Spices enhance the flavour of food and can help to reduce the amount of salt used in cooking, which is good for people with high blood pressure.  Adding spices to food is also a good way to ‘tantalise the taste buds’ and there are many ways to include these in our cooking in the place of salt.

Interesting ways to include more Indian spices into your diet

  • Add turmeric to scrambled egg
  • Add curry powder to boiled rice
  • Use spices to create rubs and marinades for meats
  • Spices such as cumin and ground coriander work well in salad dressings
  • Try adding curry powder or garam masala to traditional homecooked dishes such as shepherd’s pie for an Indian twist
  • Spice up a jar of tomato cook-in-sauce with Indian spices that could include garam masala, curry powder, mustard seeds, turmeric or fresh curry leaves.
  • Try making homemade cashew nut milk with turmeric (great served hot or cold). Add 100g of raw cashew nuts, 1 tsp of turmeric powder, 1 tsp of ground cinnamon and 2 tsp of honey to a high-powered blender with 500ml of water then blitz until smooth.  You can loosen the consistency by adding more water if you like.
  • Add curry powder or garam masala to basic vegetable soup recipe or even shop-bought fresh soups for an Indian twist.

Plant-based eating

There are many benefits associated with eating more plant-based foods.  As a nation we do not eat enough fruits and vegetables with only a third of people managing to meet the five-a-day guidance (5).  Plant foods also provide a rich source of fibre that has been shown to help with good digestion and reduce the risk of heart disease, colorectal cancer, diabetes and help with weight loss.  In the UK it has been shown that less than 10% of adults achieve the recommended daily intake of 30g per day (5).
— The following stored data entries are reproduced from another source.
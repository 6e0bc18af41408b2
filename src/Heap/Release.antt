-- ===== src/Heap/Release.antt =====
-- heap_free of ViOS64Bit/src/memory/heap/heap.c against the layout of the block table.
use vi_os.Prelude.{
  ℕ, zero, suc, ◌+◌, ◌*◌, ◌-◌, ◌≤◌, ◌≡◌, refl, ap, sym, ◌∙◌, inl, inr, List, [], ◌∷◌, ◌++◌,
  Bool-cases, append_assoc, if◌then◌else◌, arith, length, length-append, replicate, ok, load, store,
  load-prefix, store-prefix, pos, add64, sub64, to_int64, quot,
}
use mathlib.Core.Path.{ap₂}
use native.Mathlib.Nat.{add-zero}
use vi_os.Config.{heap_block_size}
use vi_os.Heap.{
  Heap, Call, entry_free, has_next, mark_free_loop, mark_blocks_free, free, address_to_block,
  block_to_address, notify_freed,
}
use vi_os.Heap.Layout.{
  Seg, gap, alloc, encode, taken_blocks, IsLaid, encode-append, encode-gaps, taken_blocks-append,
  taken_blocks-gaps, length-encode-append,
}

-- What the loop does to the entries from its start on, and how many it counts.
abbrev cleared : List ℕ → List ℕ
cleared [] = []
cleared (e ∷ es) = entry_free ∷ (if has_next e then cleared es else es)

abbrev clear_count : List ℕ → ℕ
clear_count [] = 0
clear_count (e ∷ es) = suc (if has_next e then clear_count es else 0)

mark_free_loop-prefix :
    (es pre : List ℕ) (i count : ℕ) (h : Heap)
    → i ≡ length pre
    → h.entries ≡ pre ++ es
    → (calls' : List Call) × (mark_free_loop (length es) i count h
        ≡ ok (count + clear_count es, record h { entries = pre ++ cleared es; calls = calls' }))
unfolding mark_free_loop
mark_free_loop-prefix [] pre i count h at e =
    (h.calls, ap₂ (λ c es. ok (c, record h { entries = es })) (sym (add-zero count)) e)
mark_free_loop-prefix (x ∷ es) pre i count h at e = elim (Bool-cases (has_next x)) [
  | inl more ↦
      let (calls', done) =
        mark_free_loop-prefix es (pre ++ (entry_free ∷ [])) (i + 1) (count + 1) after
          (omega (arith, length-append pre (entry_free ∷ [])))
          (sym (append_assoc pre (entry_free ∷ []) es)) in
      (
        calls',
        rw (loaded, stored, more)
            (done
              ∙ ap₂ (λ c es. ok (c, record h { entries = es; calls = calls' }))
                  (let e : count + 1 + clear_count es ≡ count + suc (clear_count es) =
                      omega arith in
                    e)
                  (append_assoc pre (entry_free ∷ []) (cleared es))),
      )
  | inr last ↦ (notify_freed h (block_to_address h i), rw (loaded, stored, last))
]
  where
    after : Heap
    after = record h {
      entries = pre ++ (entry_free ∷ es);
      calls = notify_freed h (block_to_address h i);
    }

    loaded : load h.entries i ≡ ok x
    loaded = rw (e, at) (load-prefix pre es x)

    stored : store h.entries i entry_free ≡ ok (pre ++ (entry_free ∷ es))
    stored = rw (e, at) (store-prefix pre es x entry_free)

-- What the code leaves of a layout when it frees from the layout's start on, and how many blocks it
-- counts: an allocation of several blocks passes the loop on to what stands behind it.
unfoldable pub release : List Seg → List Seg
release [] = []
release (gap ∷ segs) = gap ∷ segs
release (alloc zero ∷ segs) = gap ∷ segs
release (alloc (suc k) ∷ segs) = replicate (suc (suc k)) gap ++ release segs

unfoldable pub release_count : List Seg → ℕ
release_count [] = 0
release_count (gap ∷ segs) = 1
release_count (alloc zero ∷ segs) = 1
release_count (alloc (suc k) ∷ segs) = suc (suc k) + release_count segs

cleared-linked :
    (n : ℕ) (es : List ℕ) → cleared (replicate n 0x81 ++ es) ≡ replicate n entry_free ++ cleared es
cleared-linked zero es = refl
cleared-linked (suc n) es = ap (λ t. entry_free ∷ t) (cleared-linked n es)

clear_count-linked :
    (n : ℕ) (es : List ℕ) → clear_count (replicate n 0x81 ++ es) ≡ n + clear_count es
clear_count-linked zero es = omega arith
clear_count-linked (suc n) es = omega (arith, clear_count-linked n es)

cleared-encode : (segs : List Seg) → cleared (encode segs) ≡ encode (release segs)
unfolding encode release
cleared-encode [] = refl
cleared-encode (gap ∷ segs) = refl
cleared-encode (alloc zero ∷ segs) = refl
cleared-encode (alloc (suc k) ∷ segs) =
    ap (λ t. entry_free ∷ t)
      (cleared-linked (suc k) (encode segs)
        ∙ ap (λ t. replicate (suc k) entry_free ++ t) (cleared-encode segs)
        ∙ ap (λ t. t ++ encode (release segs)) (sym (encode-gaps (suc k)))
        ∙ sym (encode-append (replicate (suc k) gap) (release segs)))

clear_count-encode : (segs : List Seg) → clear_count (encode segs) ≡ release_count segs
unfolding encode release_count
clear_count-encode [] = refl
clear_count-encode (gap ∷ segs) = refl
clear_count-encode (alloc zero ∷ segs) = refl
clear_count-encode (alloc (suc k) ∷ segs) =
    omega (arith, clear_count-linked (suc k) (encode segs), clear_count-encode segs)

-- heap_free of the address of block `s` works on block `s`.
pub address_to_block-address :
    (h : Heap) (segs : List Seg) (s : ℕ)
    → IsLaid h segs
    → s ≤ h.total
    → address_to_block h (h.saddr + s * heap_block_size) ≡ pos s
unfolding address_to_block
address_to_block-address h segs s laid le =
    ap (λ d. quot (to_int64 d) heap_block_size) offset ∙ ground (arith, laid.room)
  where
    offset : sub64 (h.saddr + s * heap_block_size) h.saddr ≡ s * heap_block_size
    offset = omega (arith, laid.room)

-- The address of the segment behind `pre`.
abbrev pub address_of : Heap → List Seg → ℕ
address_of h pre = h.saddr + length (encode pre) * heap_block_size

-- heap_free of the address of any segment of the layout returns, releases from there on as `release`
-- says, and counts the released blocks.
pub free-refines :
    (h : Heap) (pre post : List Seg)
    → IsLaid h (pre ++ post)
    → (calls' : List Call) × (free h (address_of h pre)
        ≡ ok (record h {
          entries = encode (pre ++ release post);
          calls = calls';
          used_blocks = sub64 h.used_blocks (release_count post);
          free_blocks = add64 h.free_blocks (release_count post);
        }))
unfolding free mark_blocks_free
free-refines h pre post laid =
    let (calls', done) =
      mark_free_loop-prefix (encode post) (encode pre) (length (encode pre)) 0 h refl
        (laid.table ∙ encode-append pre post) in
    (
      calls',
      rw (block, rounds, done)
          (ap₂
            (λ c es. ok (record h {
              entries = es;
              calls = calls';
              used_blocks = sub64 h.used_blocks c;
              free_blocks = add64 h.free_blocks c;
            }))
            counted released),
    )
  where
    counted : 0 + clear_count (encode post) ≡ release_count post
    counted = omega (arith, clear_count-encode post)

    released : encode pre ++ cleared (encode post) ≡ encode (pre ++ release post)
    released =
        ap (λ es. encode pre ++ es) (cleared-encode post) ∙ sym (encode-append pre (release post))

    sizes : h.total ≡ length (encode pre) + length (encode post)
    sizes = laid.whole ∙ length-encode-append pre post

    rounds : h.total - length (encode pre) ≡ length (encode post)
    rounds = omega (arith, sizes)

    block : address_to_block h (address_of h pre) ≡ pos (length (encode pre))
    block =
        address_to_block-address h (pre ++ post) (length (encode pre)) laid (omega (arith, sizes))

-- The layout without one of its one-block allocations.
single_sizes :
    (pre post : List Seg)
    → (length (encode (pre ++ (alloc zero ∷ post))) ≡ length (encode (pre ++ (gap ∷ post))))
      × (taken_blocks (pre ++ (alloc zero ∷ post)) ≡ taken_blocks (pre ++ (gap ∷ post)) + 1)
unfolding taken_blocks encode
single_sizes pre post = omega (
  arith,
  length-encode-append pre (alloc zero ∷ post),
  length-encode-append pre (gap ∷ post),
  taken_blocks-append pre (alloc zero ∷ post),
  taken_blocks-append pre (gap ∷ post),
)

IsLaid-uncount :
    (h : Heap) (old new : List Seg) (calls' : List Call)
    → IsLaid h old
    → length (encode old) ≡ length (encode new)
    → taken_blocks old ≡ taken_blocks new + 1
    → IsLaid
        (record h {
          entries = encode new;
          calls = calls';
          used_blocks = sub64 h.used_blocks 1;
          free_blocks = add64 h.free_blocks 1;
        })
        new
IsLaid-uncount h old new calls' laid len taken = record {
  table = refl;
  whole = laid.whole ∙ len;
  used = omega (arith, laid.used, laid.whole, laid.room, laid.available);
  available = omega (arith, laid.used, laid.whole, laid.room, laid.available);
  start = laid.start;
  room = laid.room;
}

-- heap_free of an allocation of one block frees exactly that block and keeps the counters right.
pub free-single :
    (h : Heap) (pre post : List Seg)
    → IsLaid h (pre ++ (alloc zero ∷ post))
    → (h' : Heap) × (free h (address_of h pre) ≡ ok h') × IsLaid h' (pre ++ (gap ∷ post))
unfolding release release_count
free-single h pre post laid =
    let (calls', done) = free-refines h pre (alloc zero ∷ post) laid in
    let (len, taken) = single_sizes pre post in
    (
      _,
      done,
      IsLaid-uncount h (pre ++ (alloc zero ∷ post)) (pre ++ (gap ∷ post)) calls' laid len taken,
    )

-- heap_free of an allocation of at least two blocks that has another allocation right behind it also
-- frees the first block of that other allocation.
pub free-neighbour :
    (h : Heap) (pre post : List Seg) (k j : ℕ)
    → IsLaid h (pre ++ (alloc (suc k) ∷ (alloc j ∷ post)))
    → (h' : Heap) × (rest : List Seg) × (free h (address_of h pre) ≡ ok h')
      × (h'.entries ≡ encode (pre ++ (replicate (suc (suc k)) gap ++ (gap ∷ rest))))
unfolding release release_count
free-neighbour h pre post k zero laid =
    let (calls', done) = free-refines h pre (alloc (suc k) ∷ (alloc zero ∷ post)) laid in
    (_, post, done, refl)
free-neighbour h pre post k (suc j) laid =
    let (calls', done) = free-refines h pre (alloc (suc k) ∷ (alloc (suc j) ∷ post)) laid in
    (_, replicate (suc j) gap ++ release post, done, refl)

several_sizes :
    (pre post : List Seg) (k : ℕ)
    → taken_blocks (pre ++ (alloc (suc k) ∷ (gap ∷ post)))
      ≡ taken_blocks (pre ++ (replicate (suc (suc k)) gap ++ (gap ∷ post))) + suc (suc k)
unfolding taken_blocks
several_sizes pre post k = omega (
  arith,
  taken_blocks-append pre (alloc (suc k) ∷ (gap ∷ post)),
  taken_blocks-append pre (replicate (suc (suc k)) gap ++ (gap ∷ post)),
  taken_blocks-append (replicate (suc (suc k)) gap) (gap ∷ post),
  taken_blocks-gaps (suc (suc k)),
)

-- heap_free of an allocation of at least two blocks with a free block right behind it frees exactly
-- that allocation, but counts one block too many: used_blocks is one below the taken blocks, and wraps
-- where none is left.
pub free-several :
    (h : Heap) (pre post : List Seg) (k : ℕ)
    → IsLaid h (pre ++ (alloc (suc k) ∷ (gap ∷ post)))
    → let left = pre ++ (replicate (suc (suc k)) gap ++ (gap ∷ post)) in
      (h' : Heap) × (free h (address_of h pre) ≡ ok h')
      × (h'.entries ≡ encode left)
      × (h'.used_blocks ≡ sub64 (taken_blocks left) 1)
unfolding release release_count
free-several h pre post k laid =
    let (calls', done) = free-refines h pre (alloc (suc k) ∷ (gap ∷ post)) laid in
    (
      _,
      done,
      refl,
      count (taken_blocks (pre ++ (replicate (suc (suc k)) gap ++ (gap ∷ post))))
          (laid.used ∙ several_sizes pre post k),
    )
  where
    count :
        (t : ℕ)
        → h.used_blocks ≡ t + suc (suc k)
        → sub64 h.used_blocks (suc (suc k) + 1) ≡ sub64 t 1
    count t e = omega (arith, e, laid.room, laid.available, laid.whole)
Anecdotally, many people find vegetables boring to eat and often say that they don’t enjoy the flavour.  In my experience of cooking with people, I have found that with a little inspiration, even the most disliked vegetables can be reinvented with the use of spices and become something completely different.  Spices can also be used to add an Indian twist to vegetarian dishes.

Indian spices are always a great way to spice food and these are just a few ways to turn a plain old vegetable or vegetarian dish into something that’s irresistibly delicious:

  • Rub cauliflower with curry paste and roast in the oven.
  • Combine a 400g can of chickpeas (drained) with 1 tbsp of garam masala or curry powder and roast in the oven at 180C for 30 minutes.
  • Stir-fry okra with chopped red onion, ginger and cherry tomatoes, and fresh curry leaves.
  • Fry mustard seeds and crushed coriander seeds in a pan with a little oil until they begin to pop. Take them off the heat and stir through blanched green beans with a little oil.
  • I’m always looking for ways to make cooking tofu more enjoyable and found that it lends itself well to Indian cuisine and is a great alternative to paneer. I also discovered recently that you can bake tofu, which gives it a firm meaty texture.  You need to choose extra firm varieties and it can be marinated before or after cooking.
  • Learn to make a basic dhal recipe such as this one from mine and Lily’s cookbook

Healthy curry food swaps

There’s no doubt that many of us choose to eat curry on a night out or as take-away on a night in, but it doesn’t need to be a calorie laden affair.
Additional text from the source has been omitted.